The Listing's Law in an eyeball motion means that, when an eyeball looks far forward (first eye position), a rotation axis of the eyeball motion exists in a surface including the center of rotation of the eyeball and being perpendicular to this eye position (Listing's surface). In this case, when the eyeball rotates from the first eye position along spectacle principal meridians (representing two vertical and horizontal lines orthogonal to each other on a Gaussian curved surface and representing the same below) according to the Listing's Law at the time one wears astigmatic spectacles, the spectacle principal meridians and axes of a coordinate system rotating according to the Listing's Law become parallel to each other and an angle between them becomes 0.
However, when the eyeball motion changes in a direction different from the spectacle meridians, the angle made by the spectacle meridians and the coordinate axes rotating according to the Listing's Law do not become 0 to cause an angle deviation.
By taking this angle deviation of the coordinate system into consideration, an accurate astigmatism and curvature of field (also called a power error) can be calculated.
A spectacle lens designing method in which this eyeball motion (Listing's Law) is taken into consideration is disclosed in Japanese Patent Laid-open No. Sho 57-10112 (hereinafter, referred to as Prior art 1)(refer to FIG. 5 in Prior art 1).
Meanwhile, optimization of evaluation functions for several kinds of aberrations, a lens shape, and so on by optimization calculation in an aberration correction process in designing a lens is known as is disclosed, for example, in Japanese Patent Publication No. Hei 2-38930.

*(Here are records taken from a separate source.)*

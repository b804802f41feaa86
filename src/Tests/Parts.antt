-- ===== src/Tests/Parts.antt =====
-- Inputs of the components for which the conditions of their properties hold.
use Prim.Native.String.{len}
use cimd_proxy.Prelude.{
  ℕ, ◌+◌, ◌<◌, some, ◌≤◌, String, ◌<>◌, ◌≡◌, ◌↔◌, ◌⊎◌, refl, [], ◌∷◌, arith, In, repr,
}
use cimd_proxy.Prelude.{All, In}
use cimd_proxy.Errors.{ok, err, envelope_error}
use cimd_proxy.Effects.{run, sent, Request}
use cimd_proxy.Envelope
use cimd_proxy.Codec.{open_payload}
use cimd_proxy.Codec.RoundTrip.{open_payload_other, sealed}
use cimd_proxy.Url.{SplitResult, urlsplit}
use cimd_proxy.RedirectUri.{accept_registered}
use cimd_proxy.RedirectUri.Policy.{IsAllowed, accept_registered_iff}
use cimd_proxy.Fetcher.{fetch, read_body, joined, read_body_bounds}
use cimd_proxy.Fetcher.{without_scope}
use cimd_proxy.Fetcher.Network.{IsSafe, check_infos-IsSafe}
use cimd_proxy.CimdService.Fetched.{Dialled, fetch-sent}
use cimd_proxy.CimdService.Sound.{IsGood, obtain_sound}
use cimd_proxy.Tests.Setup.{
  platform, ip_address, cimd, codec, world, document, client_url, back, code_of, lawful, reads_code,
}
use cimd_proxy.Tests.Facts.{empty-IsSound, filled}
use cimd_proxy.Tests.Handled.{obtained, tags_differ, infos_checked}

fetch-sent_example :
    (sent (world 3) (fetch platform cimd.fetcher ip_address client_url) ≡ [])
    ⊎ ((q : Request) × (sent (world 3) (fetch platform cimd.fetcher ip_address client_url) ≡ q ∷ [])
        × Dialled platform cimd.fetcher ip_address (world 3) client_url q)
fetch-sent_example = fetch-sent platform cimd.fetcher ip_address (world 3) client_url

obtain_sound_example : IsGood client_url (ok document, filled)
obtain_sound_example =
    obtain_sound platform ip_address cimd (world 3) [] client_url (ok document, filled)
      empty-IsSound obtained

open_payload_other_example :
    (run (world 700) (
        open_payload platform codec
          (sealed platform lawful codec (Envelope.code code_of) reads_code 5 0)
          "rt"
          (some 600))
      ≡ err (
          envelope_error
            ("envelope tag mismatch (expected " <> repr "rt" <> ", got " <> repr "cd" <> ")")))
    ⊎ ((seconds : ℕ) × (some 600 ≡ some seconds)
        × (5 + seconds < 700)
        × (run (world 700) (
              open_payload platform codec
                (sealed platform lawful codec (Envelope.code code_of) reads_code 5 0)
                "rt"
                (some 600))
            ≡ err (envelope_error "envelope invalid or expired")))
open_payload_other_example =
    open_payload_other platform lawful codec (Envelope.code code_of) reads_code (world 700) 5 0 "rt"
      (some 600) (omega arith) tags_differ

accept_registered_iff_example :
    (accept_registered back ≡ ok tt)
    ↔ ((split : SplitResult) × (urlsplit back ≡ ok split) × IsAllowed split)
accept_registered_iff_example = accept_registered_iff back

read_body_bounds_example : (len "abcd" ≤ 4) × ("abcd" ≡ joined "" ("ab" ∷ "cd" ∷ []))
unfolding read_body
read_body_bounds_example = read_body_bounds 4 "" "abcd" ("ab" ∷ "cd" ∷ []) (omega arith) refl

check_infos-IsSafe_example :
    All (IsSafe ip_address) ("93.184.216.34" ∷ [])
    × All (λ ip. In (without_scope ip) ("93.184.216.34" ∷ [])) ("93.184.216.34" ∷ [])
check_infos-IsSafe_example =
    check_infos-IsSafe ip_address "app.example" ("93.184.216.34" ∷ []) ("93.184.216.34" ∷ [])
      infos_checked
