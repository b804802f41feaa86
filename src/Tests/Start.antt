-- ===== src/Tests/Start.antt =====
-- A run of the check of the schema at start.
use mathlib.Core.List.{Perm}
use cimd_proxy.Prelude.{ℕ, String, ◌≡◌, refl, true, some, List, [], ◌∷◌, ◌⊎◌}
use cimd_proxy.Errors.{ok}
use cimd_proxy.Pat.Schema.{Migration, numbered, range, check_schema}
use cimd_proxy.Pat.Schema.Numbered.{Applied, check_schema_sound}

abbrev names : List String
names = "__init__.py" ∷ "V2__used_at.sql" ∷ "V1__personal_access_token.sql" ∷ []

abbrev history : List Migration
history =
    record { version = some 1; success = true } ∷ record { version = some 2; success = true } ∷ []

checked : check_schema names (some history) ≡ ok tt
unfolding check_schema
checked = refl

check_schema_sound_example :
    (n : ℕ) × Perm (range 1 n) (numbered names) × ((n ≡ 0) ⊎ Applied history n)
check_schema_sound_example = check_schema_sound names (some history) checked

To explain the outline of this optimization calculation, taking designing of a single vision aspherical lens for example, though it is a known technique in spectacle lens designing, data on a lens material and prescription specifications are given as basic design specifications, items such as a center thickness are further included as additional specifications in a case of a positive lens, and a combination of refractive surface shapes of a front surface and a rear surface which satisfies them and has as small an optical aberration as possible is obtained by calculation. The refractive surface is expressed as a surface which is mathematized by a function and the function consists of a plurality of parameters defining a spectacle lens. The parameters include a refractive index of the material, a lens diameter, radii of curvature of the front surface and the rear surface, the center thickness, an aspherical conic coefficient, a high degree aspherical coefficient, and so on. They are classified into fixed factors and variable factors according to the object of the lens designing, and the variable factors are dealt as variable parameters.
Then, using a ray tracing method and a wave front tracing method, a plurality of evaluation points whose distances from an optical axis on the refractive surface are different are set on the lens surface, the optical aberration on each of the evaluation points is expressed as an evaluation function (merit function), and calculation to obtain the minimum evaluation function is done using an optimization calculation method such as a damped least square method. At this time, simulations are repeated while operating the variable parameters of the refractive surface, and when a target value is obtained, the final shape of the refractive surface is determined.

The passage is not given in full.